=== Brief ===
Starting with the line that contains "(v : Text) (xs" and stopping after the line that contains "AreDistinct (addresses reply type)", copy the entries below exactly. Include nothing else.

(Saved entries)

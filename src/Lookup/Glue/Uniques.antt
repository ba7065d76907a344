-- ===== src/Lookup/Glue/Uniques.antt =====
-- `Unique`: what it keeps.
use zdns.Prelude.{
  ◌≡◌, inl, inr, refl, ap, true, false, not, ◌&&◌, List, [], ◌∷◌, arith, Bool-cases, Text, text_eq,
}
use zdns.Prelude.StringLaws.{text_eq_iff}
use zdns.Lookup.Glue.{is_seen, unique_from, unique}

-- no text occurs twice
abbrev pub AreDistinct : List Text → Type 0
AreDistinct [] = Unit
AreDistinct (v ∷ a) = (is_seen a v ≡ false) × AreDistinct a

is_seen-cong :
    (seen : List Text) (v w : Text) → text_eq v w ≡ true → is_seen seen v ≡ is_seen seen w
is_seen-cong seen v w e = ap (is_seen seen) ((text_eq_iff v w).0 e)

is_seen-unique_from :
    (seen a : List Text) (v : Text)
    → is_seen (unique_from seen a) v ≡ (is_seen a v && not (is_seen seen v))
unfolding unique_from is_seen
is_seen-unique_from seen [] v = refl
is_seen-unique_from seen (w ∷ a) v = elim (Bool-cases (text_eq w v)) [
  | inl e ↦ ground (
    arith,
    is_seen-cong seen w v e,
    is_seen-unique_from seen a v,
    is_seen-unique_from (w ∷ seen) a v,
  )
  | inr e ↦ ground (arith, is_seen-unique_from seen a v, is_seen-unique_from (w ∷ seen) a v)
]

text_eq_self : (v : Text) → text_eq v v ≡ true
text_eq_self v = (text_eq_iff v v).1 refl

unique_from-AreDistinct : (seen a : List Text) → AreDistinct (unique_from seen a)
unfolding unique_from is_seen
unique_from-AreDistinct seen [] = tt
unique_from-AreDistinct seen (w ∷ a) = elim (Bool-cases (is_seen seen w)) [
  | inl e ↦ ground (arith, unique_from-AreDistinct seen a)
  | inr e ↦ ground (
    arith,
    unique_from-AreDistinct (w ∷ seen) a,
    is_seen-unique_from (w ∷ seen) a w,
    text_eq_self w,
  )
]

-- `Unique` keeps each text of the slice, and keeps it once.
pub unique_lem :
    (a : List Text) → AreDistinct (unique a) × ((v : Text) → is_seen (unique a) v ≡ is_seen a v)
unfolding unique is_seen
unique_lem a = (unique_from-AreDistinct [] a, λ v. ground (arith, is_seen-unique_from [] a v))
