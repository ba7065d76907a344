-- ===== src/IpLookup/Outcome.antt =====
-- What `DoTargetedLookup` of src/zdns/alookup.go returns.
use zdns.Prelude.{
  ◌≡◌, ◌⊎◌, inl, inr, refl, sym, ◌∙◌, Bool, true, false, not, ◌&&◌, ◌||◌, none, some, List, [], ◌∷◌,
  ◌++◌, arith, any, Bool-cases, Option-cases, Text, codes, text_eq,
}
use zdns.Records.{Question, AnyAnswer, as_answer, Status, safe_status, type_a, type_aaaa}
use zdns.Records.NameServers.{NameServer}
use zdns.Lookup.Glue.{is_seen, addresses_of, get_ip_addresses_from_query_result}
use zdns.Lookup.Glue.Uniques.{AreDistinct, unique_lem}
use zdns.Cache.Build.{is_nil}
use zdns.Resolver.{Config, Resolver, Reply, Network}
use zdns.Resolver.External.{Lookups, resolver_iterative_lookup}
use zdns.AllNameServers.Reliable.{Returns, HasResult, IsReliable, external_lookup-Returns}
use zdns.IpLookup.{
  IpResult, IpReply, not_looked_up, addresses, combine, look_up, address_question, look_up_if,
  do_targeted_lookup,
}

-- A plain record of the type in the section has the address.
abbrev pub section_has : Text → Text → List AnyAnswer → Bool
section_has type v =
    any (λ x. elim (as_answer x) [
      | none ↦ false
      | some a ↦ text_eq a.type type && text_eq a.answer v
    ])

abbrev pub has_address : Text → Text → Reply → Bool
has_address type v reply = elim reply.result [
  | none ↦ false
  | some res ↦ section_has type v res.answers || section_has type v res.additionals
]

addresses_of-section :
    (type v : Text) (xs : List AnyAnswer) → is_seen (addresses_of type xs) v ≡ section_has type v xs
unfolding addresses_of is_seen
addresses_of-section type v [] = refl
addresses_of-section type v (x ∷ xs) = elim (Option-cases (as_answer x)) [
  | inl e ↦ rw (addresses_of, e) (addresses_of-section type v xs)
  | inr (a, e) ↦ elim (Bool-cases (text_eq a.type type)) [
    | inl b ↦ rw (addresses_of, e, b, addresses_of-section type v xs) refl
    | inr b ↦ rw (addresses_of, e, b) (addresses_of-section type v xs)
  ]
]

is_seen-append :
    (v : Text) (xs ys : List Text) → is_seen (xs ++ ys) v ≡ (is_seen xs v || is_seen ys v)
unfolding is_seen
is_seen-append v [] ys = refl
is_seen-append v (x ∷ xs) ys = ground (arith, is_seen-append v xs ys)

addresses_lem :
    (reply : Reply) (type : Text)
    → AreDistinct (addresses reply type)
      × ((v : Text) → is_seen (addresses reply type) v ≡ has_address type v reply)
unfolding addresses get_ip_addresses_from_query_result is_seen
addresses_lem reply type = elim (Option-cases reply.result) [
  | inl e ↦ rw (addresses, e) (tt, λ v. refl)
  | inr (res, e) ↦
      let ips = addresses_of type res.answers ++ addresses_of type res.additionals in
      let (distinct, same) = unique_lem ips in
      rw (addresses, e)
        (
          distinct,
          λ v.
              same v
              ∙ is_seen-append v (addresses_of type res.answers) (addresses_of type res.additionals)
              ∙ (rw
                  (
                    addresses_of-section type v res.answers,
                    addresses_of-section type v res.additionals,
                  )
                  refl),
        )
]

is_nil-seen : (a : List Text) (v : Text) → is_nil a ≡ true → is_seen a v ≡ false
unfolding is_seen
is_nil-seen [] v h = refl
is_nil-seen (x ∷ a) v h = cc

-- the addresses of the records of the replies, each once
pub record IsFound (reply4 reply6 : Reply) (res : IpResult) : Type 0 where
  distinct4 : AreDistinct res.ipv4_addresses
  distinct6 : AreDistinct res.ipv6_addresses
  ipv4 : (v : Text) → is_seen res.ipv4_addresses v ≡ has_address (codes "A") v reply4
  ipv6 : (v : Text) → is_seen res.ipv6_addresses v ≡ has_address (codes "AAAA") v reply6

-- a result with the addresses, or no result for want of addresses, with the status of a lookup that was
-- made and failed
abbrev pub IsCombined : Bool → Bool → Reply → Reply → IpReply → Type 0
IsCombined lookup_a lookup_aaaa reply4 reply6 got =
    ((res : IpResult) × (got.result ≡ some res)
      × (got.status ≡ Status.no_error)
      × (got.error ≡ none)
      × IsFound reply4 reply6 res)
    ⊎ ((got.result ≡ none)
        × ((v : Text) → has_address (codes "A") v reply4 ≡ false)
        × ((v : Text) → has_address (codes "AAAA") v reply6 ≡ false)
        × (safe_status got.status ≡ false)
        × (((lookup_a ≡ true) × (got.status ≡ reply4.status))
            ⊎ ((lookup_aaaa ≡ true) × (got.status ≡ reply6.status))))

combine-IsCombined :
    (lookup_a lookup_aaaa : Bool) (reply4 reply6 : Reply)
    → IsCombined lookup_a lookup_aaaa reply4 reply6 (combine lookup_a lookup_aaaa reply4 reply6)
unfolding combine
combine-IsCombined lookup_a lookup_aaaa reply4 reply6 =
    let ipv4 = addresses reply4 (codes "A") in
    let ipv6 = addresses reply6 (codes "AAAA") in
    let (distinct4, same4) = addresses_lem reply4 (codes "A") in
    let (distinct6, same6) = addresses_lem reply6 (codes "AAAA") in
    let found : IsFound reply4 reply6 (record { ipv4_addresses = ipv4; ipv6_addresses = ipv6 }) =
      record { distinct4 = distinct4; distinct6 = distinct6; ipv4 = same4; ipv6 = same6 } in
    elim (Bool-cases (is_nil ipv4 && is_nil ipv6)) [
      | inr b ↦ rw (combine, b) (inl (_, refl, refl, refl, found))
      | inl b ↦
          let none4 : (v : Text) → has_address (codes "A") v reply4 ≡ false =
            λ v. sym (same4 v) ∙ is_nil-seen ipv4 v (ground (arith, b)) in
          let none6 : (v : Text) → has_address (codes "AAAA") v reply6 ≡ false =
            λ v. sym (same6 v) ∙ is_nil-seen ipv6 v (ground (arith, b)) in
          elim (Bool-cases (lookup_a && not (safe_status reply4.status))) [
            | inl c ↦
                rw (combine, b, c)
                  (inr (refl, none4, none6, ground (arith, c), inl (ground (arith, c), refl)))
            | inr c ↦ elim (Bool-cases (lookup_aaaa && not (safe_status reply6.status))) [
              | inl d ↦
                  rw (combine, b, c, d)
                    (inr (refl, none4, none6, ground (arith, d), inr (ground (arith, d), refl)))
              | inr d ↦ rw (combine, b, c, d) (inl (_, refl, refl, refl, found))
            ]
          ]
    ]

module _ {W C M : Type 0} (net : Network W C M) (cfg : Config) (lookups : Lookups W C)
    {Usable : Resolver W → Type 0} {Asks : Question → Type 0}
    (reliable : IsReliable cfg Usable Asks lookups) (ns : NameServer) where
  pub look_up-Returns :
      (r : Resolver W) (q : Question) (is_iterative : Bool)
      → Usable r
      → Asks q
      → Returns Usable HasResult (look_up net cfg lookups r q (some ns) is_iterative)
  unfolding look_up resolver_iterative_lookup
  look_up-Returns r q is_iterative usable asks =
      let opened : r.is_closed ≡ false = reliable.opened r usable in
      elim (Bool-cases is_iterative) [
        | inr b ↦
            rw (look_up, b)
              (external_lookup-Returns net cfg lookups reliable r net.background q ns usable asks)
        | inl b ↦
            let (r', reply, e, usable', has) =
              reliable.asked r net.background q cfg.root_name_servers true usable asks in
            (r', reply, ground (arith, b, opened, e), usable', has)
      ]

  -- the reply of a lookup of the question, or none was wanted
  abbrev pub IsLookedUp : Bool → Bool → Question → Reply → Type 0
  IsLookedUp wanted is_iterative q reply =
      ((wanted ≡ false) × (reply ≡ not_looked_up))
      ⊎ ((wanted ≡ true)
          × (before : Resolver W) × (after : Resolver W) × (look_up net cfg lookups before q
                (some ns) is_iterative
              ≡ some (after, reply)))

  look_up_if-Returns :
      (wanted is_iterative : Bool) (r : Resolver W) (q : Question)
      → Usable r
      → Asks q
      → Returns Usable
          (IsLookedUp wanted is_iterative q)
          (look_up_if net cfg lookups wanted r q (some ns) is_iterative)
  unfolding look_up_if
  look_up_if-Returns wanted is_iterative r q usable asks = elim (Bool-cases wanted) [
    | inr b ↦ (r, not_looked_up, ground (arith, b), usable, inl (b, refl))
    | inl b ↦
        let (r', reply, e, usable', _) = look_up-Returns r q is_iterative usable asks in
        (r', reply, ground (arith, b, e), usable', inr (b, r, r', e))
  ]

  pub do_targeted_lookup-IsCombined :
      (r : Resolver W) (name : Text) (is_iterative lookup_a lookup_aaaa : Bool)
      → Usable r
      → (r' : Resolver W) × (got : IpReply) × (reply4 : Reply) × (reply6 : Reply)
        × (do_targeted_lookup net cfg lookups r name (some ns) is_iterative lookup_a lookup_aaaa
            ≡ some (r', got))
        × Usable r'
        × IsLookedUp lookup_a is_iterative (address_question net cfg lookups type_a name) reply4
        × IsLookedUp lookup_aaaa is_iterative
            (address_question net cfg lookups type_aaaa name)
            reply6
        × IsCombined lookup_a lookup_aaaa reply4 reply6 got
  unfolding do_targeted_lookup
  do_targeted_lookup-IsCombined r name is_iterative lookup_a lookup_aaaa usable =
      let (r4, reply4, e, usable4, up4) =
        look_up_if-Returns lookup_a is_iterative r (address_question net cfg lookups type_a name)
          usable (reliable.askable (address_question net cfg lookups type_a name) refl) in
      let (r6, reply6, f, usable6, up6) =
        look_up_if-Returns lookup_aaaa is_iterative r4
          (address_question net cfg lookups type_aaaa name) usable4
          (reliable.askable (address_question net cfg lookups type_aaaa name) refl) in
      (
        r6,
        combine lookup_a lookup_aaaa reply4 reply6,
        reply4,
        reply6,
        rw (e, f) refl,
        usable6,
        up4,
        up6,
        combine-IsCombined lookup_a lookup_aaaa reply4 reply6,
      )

=== Expected answer ===
    (v : Text) (xs ys : List Text) → is_seen (xs ++ ys) v ≡ (is_seen xs v || is_seen ys v)
unfolding is_seen
is_seen-append v [] ys = refl
is_seen-append v (x ∷ xs) ys = ground (arith, is_seen-append v xs ys)

addresses_lem :
    (reply : Reply) (type : Text)
    → AreDistinct (addresses reply type)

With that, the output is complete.